--- RECORDS SHOWN Enclosed Below ---
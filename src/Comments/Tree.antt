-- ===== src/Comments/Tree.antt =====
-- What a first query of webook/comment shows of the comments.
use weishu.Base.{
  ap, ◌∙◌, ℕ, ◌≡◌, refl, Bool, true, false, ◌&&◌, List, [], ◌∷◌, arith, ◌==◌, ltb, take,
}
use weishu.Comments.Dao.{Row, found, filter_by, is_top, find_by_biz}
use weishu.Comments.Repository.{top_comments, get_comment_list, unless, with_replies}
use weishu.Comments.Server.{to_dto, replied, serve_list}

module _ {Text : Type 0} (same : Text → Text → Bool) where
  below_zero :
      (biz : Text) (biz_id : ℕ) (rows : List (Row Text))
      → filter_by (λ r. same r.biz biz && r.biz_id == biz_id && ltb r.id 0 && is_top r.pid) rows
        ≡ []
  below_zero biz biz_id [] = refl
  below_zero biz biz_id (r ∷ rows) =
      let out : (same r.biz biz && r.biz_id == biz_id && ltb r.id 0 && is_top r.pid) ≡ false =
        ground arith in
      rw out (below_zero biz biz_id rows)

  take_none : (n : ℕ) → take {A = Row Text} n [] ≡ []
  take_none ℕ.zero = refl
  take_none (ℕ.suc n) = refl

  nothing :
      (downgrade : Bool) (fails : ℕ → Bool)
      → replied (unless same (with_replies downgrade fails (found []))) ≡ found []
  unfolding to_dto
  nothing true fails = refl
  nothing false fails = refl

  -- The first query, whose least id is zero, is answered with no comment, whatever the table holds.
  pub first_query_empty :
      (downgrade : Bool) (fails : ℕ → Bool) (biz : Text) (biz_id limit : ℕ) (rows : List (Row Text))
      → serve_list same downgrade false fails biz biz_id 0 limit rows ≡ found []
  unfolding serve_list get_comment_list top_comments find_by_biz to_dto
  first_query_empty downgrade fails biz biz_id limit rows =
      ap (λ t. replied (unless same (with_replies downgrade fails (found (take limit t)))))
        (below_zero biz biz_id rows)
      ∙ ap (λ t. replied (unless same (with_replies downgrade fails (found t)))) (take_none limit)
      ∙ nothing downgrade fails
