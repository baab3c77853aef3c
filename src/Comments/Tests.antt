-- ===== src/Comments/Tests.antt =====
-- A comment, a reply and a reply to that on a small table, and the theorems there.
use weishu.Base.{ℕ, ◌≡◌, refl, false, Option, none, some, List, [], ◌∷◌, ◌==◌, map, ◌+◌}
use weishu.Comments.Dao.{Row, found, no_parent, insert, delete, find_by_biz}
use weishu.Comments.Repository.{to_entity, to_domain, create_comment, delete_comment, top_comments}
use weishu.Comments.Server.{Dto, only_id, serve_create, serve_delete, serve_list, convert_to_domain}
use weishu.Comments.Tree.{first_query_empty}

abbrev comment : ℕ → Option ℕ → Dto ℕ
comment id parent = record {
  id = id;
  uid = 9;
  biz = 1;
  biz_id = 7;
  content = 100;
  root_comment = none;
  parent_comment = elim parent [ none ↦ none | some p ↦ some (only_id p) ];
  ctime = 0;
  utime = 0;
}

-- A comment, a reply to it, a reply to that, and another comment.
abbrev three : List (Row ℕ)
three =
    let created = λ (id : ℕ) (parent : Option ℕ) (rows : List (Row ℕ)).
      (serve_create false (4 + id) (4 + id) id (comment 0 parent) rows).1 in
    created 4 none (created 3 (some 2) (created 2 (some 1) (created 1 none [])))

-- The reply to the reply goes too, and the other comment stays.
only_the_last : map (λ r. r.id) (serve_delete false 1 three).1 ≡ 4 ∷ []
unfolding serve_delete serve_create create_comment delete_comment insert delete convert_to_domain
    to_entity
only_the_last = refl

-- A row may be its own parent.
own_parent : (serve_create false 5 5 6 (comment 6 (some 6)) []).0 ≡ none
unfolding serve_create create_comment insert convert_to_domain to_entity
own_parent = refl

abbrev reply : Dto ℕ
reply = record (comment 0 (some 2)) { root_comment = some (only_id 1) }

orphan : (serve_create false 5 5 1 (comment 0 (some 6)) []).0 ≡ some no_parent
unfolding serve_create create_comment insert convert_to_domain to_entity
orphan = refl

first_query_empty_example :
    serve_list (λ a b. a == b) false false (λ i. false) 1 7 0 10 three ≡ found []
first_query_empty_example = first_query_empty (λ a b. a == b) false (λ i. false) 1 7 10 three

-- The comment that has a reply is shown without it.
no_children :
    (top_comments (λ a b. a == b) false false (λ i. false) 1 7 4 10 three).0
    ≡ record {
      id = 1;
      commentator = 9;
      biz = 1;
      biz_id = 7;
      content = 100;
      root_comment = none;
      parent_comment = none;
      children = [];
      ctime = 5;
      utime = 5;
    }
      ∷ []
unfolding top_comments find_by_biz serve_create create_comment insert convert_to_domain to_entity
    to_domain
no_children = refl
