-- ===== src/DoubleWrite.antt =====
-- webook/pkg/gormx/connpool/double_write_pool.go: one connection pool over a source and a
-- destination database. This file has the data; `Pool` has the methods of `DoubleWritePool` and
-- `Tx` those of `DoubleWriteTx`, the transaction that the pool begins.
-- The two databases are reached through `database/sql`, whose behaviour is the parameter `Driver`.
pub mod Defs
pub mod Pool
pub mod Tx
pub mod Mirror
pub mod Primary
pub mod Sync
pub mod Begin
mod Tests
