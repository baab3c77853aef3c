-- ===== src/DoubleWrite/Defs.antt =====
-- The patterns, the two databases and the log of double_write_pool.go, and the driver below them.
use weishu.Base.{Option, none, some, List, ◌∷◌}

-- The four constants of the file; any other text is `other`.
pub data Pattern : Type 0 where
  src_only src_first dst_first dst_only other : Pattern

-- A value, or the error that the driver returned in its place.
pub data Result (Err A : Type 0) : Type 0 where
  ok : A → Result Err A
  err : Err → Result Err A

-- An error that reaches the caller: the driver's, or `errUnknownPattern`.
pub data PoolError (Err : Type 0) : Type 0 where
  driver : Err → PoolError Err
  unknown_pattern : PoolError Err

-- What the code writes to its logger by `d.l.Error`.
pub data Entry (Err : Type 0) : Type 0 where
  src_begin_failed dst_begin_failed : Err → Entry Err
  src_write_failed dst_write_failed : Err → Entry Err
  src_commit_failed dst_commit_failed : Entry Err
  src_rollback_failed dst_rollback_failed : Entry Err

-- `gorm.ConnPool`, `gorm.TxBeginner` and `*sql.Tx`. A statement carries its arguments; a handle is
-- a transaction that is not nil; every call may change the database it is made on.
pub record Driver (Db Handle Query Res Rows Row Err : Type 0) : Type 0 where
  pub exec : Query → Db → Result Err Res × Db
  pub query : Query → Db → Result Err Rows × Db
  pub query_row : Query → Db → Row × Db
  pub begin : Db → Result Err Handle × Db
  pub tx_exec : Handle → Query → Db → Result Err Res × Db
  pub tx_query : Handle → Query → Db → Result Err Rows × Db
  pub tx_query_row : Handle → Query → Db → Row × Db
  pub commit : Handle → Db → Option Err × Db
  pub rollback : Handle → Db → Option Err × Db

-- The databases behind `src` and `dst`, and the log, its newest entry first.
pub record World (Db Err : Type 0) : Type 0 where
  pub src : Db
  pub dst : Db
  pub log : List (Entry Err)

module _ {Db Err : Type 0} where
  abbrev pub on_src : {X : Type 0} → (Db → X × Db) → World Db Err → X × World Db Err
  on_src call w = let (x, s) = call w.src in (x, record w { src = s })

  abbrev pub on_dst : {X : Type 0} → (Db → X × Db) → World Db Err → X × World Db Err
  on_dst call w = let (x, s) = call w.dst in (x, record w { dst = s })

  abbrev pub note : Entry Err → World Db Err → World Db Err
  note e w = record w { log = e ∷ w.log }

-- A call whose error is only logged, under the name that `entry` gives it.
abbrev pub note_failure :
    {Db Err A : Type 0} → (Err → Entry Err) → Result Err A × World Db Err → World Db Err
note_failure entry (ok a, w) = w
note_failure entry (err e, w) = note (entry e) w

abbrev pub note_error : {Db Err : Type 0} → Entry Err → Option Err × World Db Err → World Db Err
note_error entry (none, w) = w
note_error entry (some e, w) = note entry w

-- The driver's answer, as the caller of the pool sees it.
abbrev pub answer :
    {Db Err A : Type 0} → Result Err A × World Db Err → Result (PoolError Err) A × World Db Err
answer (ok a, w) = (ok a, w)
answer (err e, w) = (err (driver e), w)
--- End of Enclosed RECORDS SHOWN ---
Give back the listing exactly, please, from its first line to the line containing "below_zero biz biz_id [] = refl", inclusive, and nothing past that line.

COMPLETED TASK ▸
filename src/Comments/Tree.antt
-- ===== src/Comments/Tree.antt =====
-- What a first query of webook/comment shows of the comments.
use weishu.Base.{
  ap, ◌∙◌, ℕ, ◌≡◌, refl, Bool, true, false, ◌&&◌, List, [], ◌∷◌, arith, ◌==◌, ltb, take,
}
use weishu.Comments.Dao.{Row, found, filter_by, is_top, find_by_biz}
use weishu.Comments.Repository.{top_comments, get_comment_list, unless, with_replies}
use weishu.Comments.Server.{to_dto, replied, serve_list}

module _ {Text : Type 0} (same : Text → Text → Bool) where
  below_zero :
      (biz : Text) (biz_id : ℕ) (rows : List (Row Text))
      → filter_by (λ r. same r.biz biz && r.biz_id == biz_id && ltb r.id 0 && is_top r.pid) rows
        ≡ []
  below_zero biz biz_id [] = refl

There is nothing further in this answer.